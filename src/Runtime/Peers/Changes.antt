-- ===== src/Runtime/Peers/Changes.antt =====
-- What a change of a peer's state leaves behind.
use vilan_peer.Base.{ℕ, ◌≡◌, refl, ap, ◌∙◌, sym, false, Option, none, some, load}
use vilan_peer.Base.{Bool-cases, inl, inr, load-store, ◌==◌, if◌then◌else◌, ==→eq, ==-refl}
use vilan_peer.Model.Messages.{PeerInfo, StateChange}
use vilan_peer.P2p.Connect.{is_p2p, some?, peer_state_changed}
use vilan_peer.P2p.Connect.Outcome.{peer_state_changed_lem}
use vilan_peer.Runtime.State.{Runtime, World, find_peer}
use vilan_peer.Runtime.Peers.{change_peer, mark_online, mark_offline, process_peer_state_changed}

abbrev announced : Option PeerInfo → Option PeerInfo → Option PeerInfo
announced none old = old
announced (some p) old = some p

abbrev gone : Option PeerInfo → Option PeerInfo
gone none = none
gone (some p) = some (record p { online = false })

-- What is known of a peer after a message about it.
abbrev pub known_after : StateChange → Option PeerInfo → Option PeerInfo
known_after m old = if m.online then announced m.peer_info old else gone old

mark_online-find :
    (mac k : ℕ) (o : Option PeerInfo) (r : Runtime)
    → find_peer k (mark_online mac o r)
      ≡ (if mac == k then announced o (find_peer mac r) else find_peer k r)
mark_online-find mac k none r = elim (Bool-cases (mac == k)) [
  | inl same ↦ rw same (ap (λ j. find_peer j r) (sym (==→eq mac k same)))
  | inr another ↦ rw another refl
]
mark_online-find mac k (some p) r = load-store mac k p r.group_peers

mark_offline-find :
    (mac k : ℕ) (o : Option PeerInfo) (r : Runtime)
    → find_peer mac r ≡ o
    → find_peer k (mark_offline mac o r) ≡ (if mac == k then gone o else find_peer k r)
mark_offline-find mac k none r e = elim (Bool-cases (mac == k)) [
  | inl same ↦ rw same (ap (λ j. find_peer j r) (sym (==→eq mac k same)) ∙ e)
  | inr another ↦ rw another refl
]
mark_offline-find mac k (some p) r e = load-store mac k (record p { online = false }) r.group_peers

change_peer-find :
    (m : StateChange) (k : ℕ) (r : Runtime)
    → find_peer k (change_peer m r)
      ≡ (if m.peer_mac == k then known_after m (find_peer m.peer_mac r) else find_peer k r)
change_peer-find m k r = elim (Bool-cases m.online) [
  | inl on ↦ rw on (mark_online-find m.peer_mac k m.peer_info r)
  | inr off ↦ rw off (mark_offline-find m.peer_mac k (find_peer m.peer_mac r) r refl)
]

-- After a message that a peer has come or gone, it is known by the message's entry, or by its old
-- one, which is offline where the peer has gone; no other peer's entry has changed, and there is no
-- direct channel to the peer any more.
pub process_peer_state_changed_lem :
    (m : StateChange) (k : ℕ) (w : World)
    → let t = (process_peer_state_changed (some m) w).0 in
      (find_peer k t.runtime ≡ (
        if m.peer_mac == k
        then known_after m (find_peer m.peer_mac w.runtime)
        else find_peer k w.runtime))
      × (is_p2p m.peer_mac t.p2p ≡ false)
unfolding process_peer_state_changed is_p2p
process_peer_state_changed_lem m k w = (change_peer-find m k w.runtime, no_channel)
  where
    no_channel : is_p2p m.peer_mac (peer_state_changed m.peer_mac w.p2p) ≡ false
    no_channel = ap some? (
        (peer_state_changed_lem m.peer_mac m.peer_mac w.p2p).2
        ∙ ap (λ b. if b then none else load m.peer_mac w.p2p.p2p_socks) (==-refl m.peer_mac))
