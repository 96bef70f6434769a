-- ===== src/Runtime/Peers/Lookup.antt =====
-- Which peers the service knows after an answer of the server.
use vilan_peer.Base.{ℕ, ◌≡◌, refl, ap, ◌∙◌, List, [], ◌∷◌, Option, none, some}
use vilan_peer.Base.{Bool-cases, inl, inr, store, load-store, ◌==◌, if◌then◌else◌}
use vilan_peer.Model.Messages.{PeerInfo, GroupPeersResponse}
use vilan_peer.P2p.Connect.Outcome.{load-clear_map}
use vilan_peer.Runtime.State.{Runtime, find_peer}
use vilan_peer.Runtime.Peers.{store_peers, renew, process_group_peers_response}

-- The last entry for an address, or the default.
unfoldable pub last_for : ℕ → List PeerInfo → Option PeerInfo → Option PeerInfo
last_for mac [] old = old
last_for mac (p ∷ ps) old = last_for mac ps (if p.peer_mac == mac then some p else old)

store_peers-find :
    (mac : ℕ) (ps : List PeerInfo) (r : Runtime)
    → find_peer mac (store_peers ps r) ≡ last_for mac ps (find_peer mac r)
unfolding store_peers last_for
store_peers-find mac [] r = refl
store_peers-find mac (p ∷ ps) r =
    store_peers-find mac ps (record r { group_peers = store p.peer_mac p r.group_peers })
    ∙ ap (last_for mac ps) (load-store p.peer_mac mac p r.group_peers)

-- After the server's list of the group, a peer is known by its last entry in the list. Peers that
-- the list does not name stay known under the same cookie, and are forgotten under another one.
pub find_peer-process_group_peers_response :
    (m : GroupPeersResponse) (mac : ℕ) (r : Runtime)
    → find_peer mac (process_group_peers_response (some m) r).0
      ≡ last_for mac m.peer_info (if r.group_peer_cookie == m.cookie then find_peer mac r else none)
unfolding process_group_peers_response
find_peer-process_group_peers_response m mac r =
    store_peers-find mac m.peer_info (renew m.cookie r) ∙ ap (last_for mac m.peer_info) kept
  where
    kept :
        find_peer mac (renew m.cookie r)
        ≡ (if r.group_peer_cookie == m.cookie then find_peer mac r else none)
    kept = elim (Bool-cases (r.group_peer_cookie == m.cookie)) [
      | inl same ↦ rw same refl
      | inr new ↦ rw new (load-clear_map mac r.group_peers)
    ]
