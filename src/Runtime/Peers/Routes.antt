-- ===== src/Runtime/Peers/Routes.antt =====
-- The routes of the operating system that the service has added.
use vilan_peer.Base.{ℕ, ◌≡◌, refl, ap, ◌∙◌, sym, Bool, ◌&&◌, List, [], ◌∷◌, ◌++◌}
use vilan_peer.Base.{Bool-cases, inl, inr, Option, none, some, if◌then◌else◌}
use vilan_peer.Base.Text.{same_text, same_text_refl}
use vilan_peer.Address.{uint32_to_ip_v4}
use vilan_peer.Tap.{
  Tap, TapEvent, added_route, deleted_route, did_set_mac, did_set_ip, went_up, reading,
}
use vilan_peer.Tap.{closed, wrote, add_route}
use vilan_peer.Model.Messages.{PeerInfo}
use vilan_peer.Runtime.State.{Host, World, RouteInfo, find_peer}
use vilan_peer.Runtime.Peers.{clean_routes, unroute, add_route_to, route_to, route_via, route_of}

-- A route by its texts: destination, mask and gateway.
pub record Route : Type 0 where
  pub dst : List ℕ
  pub mask : List ℕ
  pub gw : List ℕ

abbrev same_route : Route → Route → Bool
same_route a b = same_text a.dst b.dst && (same_text a.mask b.mask && same_text a.gw b.gw)

unfoldable pub remove_route : Route → List Route → List Route
remove_route a [] = []
remove_route a (b ∷ bs) = let rest = remove_route a bs in if same_route a b then rest else b ∷ rest

abbrev step : TapEvent → List Route → List Route
step (added_route d m g) rs = record { dst = d; mask = m; gw = g } ∷ rs
step (deleted_route d m g) rs = remove_route (record { dst = d; mask = m; gw = g }) rs
step (did_set_mac a b) rs = rs
step (did_set_ip a b c) rs = rs
step (went_up a) rs = rs
step (reading a) rs = rs
step (closed a) rs = rs
step (wrote a b) rs = rs

-- The routes after a sequence of calls, where each call of the log took effect.
unfoldable pub routes_after : List TapEvent → List Route → List Route
routes_after [] rs = rs
routes_after (e ∷ es) rs = routes_after es (step e rs)

routes_after-append :
    (es : List TapEvent) (e : TapEvent) (rs : List Route)
    → routes_after (es ++ (e ∷ [])) rs ≡ step e (routes_after es rs)
unfolding routes_after
routes_after-append [] e rs = refl
routes_after-append (d ∷ es) e rs = routes_after-append es e (step d rs)

abbrev as_route : RouteInfo → Route
as_route o = record {
  dst = uint32_to_ip_v4 o.destination;
  mask = uint32_to_ip_v4 o.mask;
  gw = uint32_to_ip_v4 o.gateway;
}

abbrev pub last_routes : Option RouteInfo → List Route
last_routes none = []
last_routes (some o) = as_route o ∷ []

-- The system has the route that the service remembers, and no other of its own.
abbrev pub IsRouted : World → Type 0
IsRouted w = routes_after w.tap.log [] ≡ last_routes w.runtime.last_route

remove-own : (a : Route) → remove_route a (a ∷ []) ≡ []
unfolding remove_route
remove-own a = rw (same_text_refl a.dst, same_text_refl a.mask, same_text_refl a.gw) refl

unroute-clean :
    (o : Option RouteInfo) (t : Tap)
    → routes_after t.log [] ≡ last_routes o
    → routes_after (unroute o t).log [] ≡ []
unroute-clean none t e = e
unroute-clean (some o) t e =
    routes_after-append t.log _ [] ∙ ap (remove_route (as_route o)) e ∙ remove-own (as_route o)

route_via-IsRouted :
    (host : Host) (o : RouteInfo) (w : World)
    → routes_after w.tap.log [] ≡ []
    → w.runtime.last_route ≡ none
    → IsRouted (route_via host o w).0
unfolding add_route
route_via-IsRouted host o w h none_left =
    elim (Bool-cases (
      host.os.add_route (uint32_to_ip_v4 o.destination) (uint32_to_ip_v4 o.mask)
        (uint32_to_ip_v4 o.gateway))) [
          | inl added ↦ rw added (
              routes_after-append w.tap.log
                (added_route (uint32_to_ip_v4 o.destination) (uint32_to_ip_v4 o.mask)
                  (uint32_to_ip_v4 o.gateway))
                []
              ∙ ap (λ rs. as_route o ∷ rs) h)
          | inr refused ↦ rw refused (h ∙ ap last_routes (sym none_left))
        ]

-- AddRoute and CleanRoutes keep it that the system has exactly the route that the service remembers:
-- a route of another peer is deleted before a new one is added, and none is remembered where that
-- fails. Each deletion is taken to have its effect, since its result is not looked at.
pub routes-IsRouted :
    (host : Host) (mac : ℕ) (w : World)
    → IsRouted w
    → IsRouted (add_route_to host mac w).0 × IsRouted (clean_routes w)
unfolding add_route_to clean_routes
routes-IsRouted host mac w h = (over (find_peer mac w.runtime), cleaned)
  where
    cleaned : routes_after (clean_routes w).tap.log [] ≡ []
    cleaned = unroute-clean w.runtime.last_route w.tap h

    over : (p : Option PeerInfo) → IsRouted (route_to host p w).0
    over none = h
    over (some p) = route_via-IsRouted host (route_of p) (clean_routes w) cleaned refl
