-- ===== src/Runtime/Send/Post.antt =====
-- Where a frame that the network card read goes.
use vilan_peer.Base.{ℕ, ◌≡◌, List}
use vilan_peer.P2p.State as P2pState
use vilan_peer.P2p.Punch.Forward.{IsQuiet}
use vilan_peer.Runtime.State.{World, emit, relayed}
use vilan_peer.Runtime.Send.{data_frame}

-- The frame went to the peer, on a channel of its own, and nothing else has changed.
abbrev pub SentDirect : ℕ → List ℕ → World → World → Type 0
SentDirect mac bytes w t =
    (c : ℕ) × (t.p2p ≡ P2pState.emit (P2pState.wrote_data c (data_frame mac bytes w.runtime)) w.p2p)
    × (t.runtime ≡ w.runtime)

-- The frame went to the server, with the token of the registration, and no message to a peer.
abbrev pub SentRelayed : ℕ → ℕ → List ℕ → World → World → Type 0
SentRelayed h mac bytes w t =
    (t.runtime
      ≡ emit
          (relayed h
            (record (data_frame mac bytes w.runtime) { token = w.runtime.server_sock.token }))
          w.runtime)
    × IsQuiet w.p2p t.p2p
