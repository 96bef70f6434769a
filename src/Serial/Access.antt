-- ===== src/Serial/Access.antt =====
-- Who may use the ports.
use vilan_peer.Base.{ℕ, ◌≡◌, ◌⊎◌, refl, ap, ◌∙◌, Bool, true, false, Bool-cases, inl, inr}
use vilan_peer.Serial.{
  ClientFrame, auth, is_auth, Env, PortService, process_client_message, process_frame,
}

-- Until a channel has sent an Auth frame, its handler drops whatever else it sends, and stays so.
pub process_frame_unauthorized :
    (env : Env) (id : ℕ) (msg : ClientFrame) (channel : ℕ) (s : PortService)
    → is_auth msg ≡ false
    → process_frame env false id msg channel s ≡ (false, s)
unfolding process_frame
process_frame_unauthorized env id msg channel s h = rw h refl

auth_unknown :
    (env : Env) (unknown : ℕ) (given : Bool) (channel : ℕ) (s : PortService)
    → (env.find_peer unknown ≡ false) ⊎ (given ≡ false)
    → process_client_message env unknown (auth given) channel s ≡ s
unfolding process_client_message
auth_unknown env unknown false channel s h = refl
auth_unknown env unknown true channel s (inl h) = rw h refl
auth_unknown env unknown true channel s (inr h) = cc

process_frame_authorized :
    (env : Env) (id : ℕ) (msg : ClientFrame) (channel : ℕ) (s : PortService)
    → process_frame env true id msg channel s ≡ (true, process_client_message env id msg channel s)
unfolding process_frame
process_frame_authorized env id msg channel s = elim (Bool-cases (is_auth msg)) [
  | inl yes' ↦ rw yes' refl
  | inr no' ↦ rw no' refl
]

-- An Auth frame under an identity that the program does not know, or without its message, registers
-- nobody and still opens the handler: whatever the channel sends next under another identity is processed
-- as a frame of that peer.
pub process_frame_impostor :
    (env : Env) (unknown id : ℕ) (given : Bool) (msg : ClientFrame) (channel : ℕ) (s : PortService)
    → (env.find_peer unknown ≡ false) ⊎ (given ≡ false)
    → let first = process_frame env false unknown (auth given) channel s in
      (first ≡ (true, s))
      × (process_frame env first.0 id msg channel first.1
          ≡ (true, process_client_message env id msg channel s))
unfolding process_frame
process_frame_impostor env unknown id given msg channel s h =
    let kept = auth_unknown env unknown given channel s h in
    (
      ap (λ t. (true, t)) kept,
      ap (process_frame env true id msg channel) kept
          ∙ process_frame_authorized env id msg channel s,
    )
============
> _Your goal_
Only lines with the string "sends" belong in the answer; copy each of them from the listing.

> _Worked solution_
-- Until a channel has sent an Auth frame, its handler drops whatever else it sends, and stays so.
-- nobody and still opens the handler: whatever the channel sends next under another identity is processed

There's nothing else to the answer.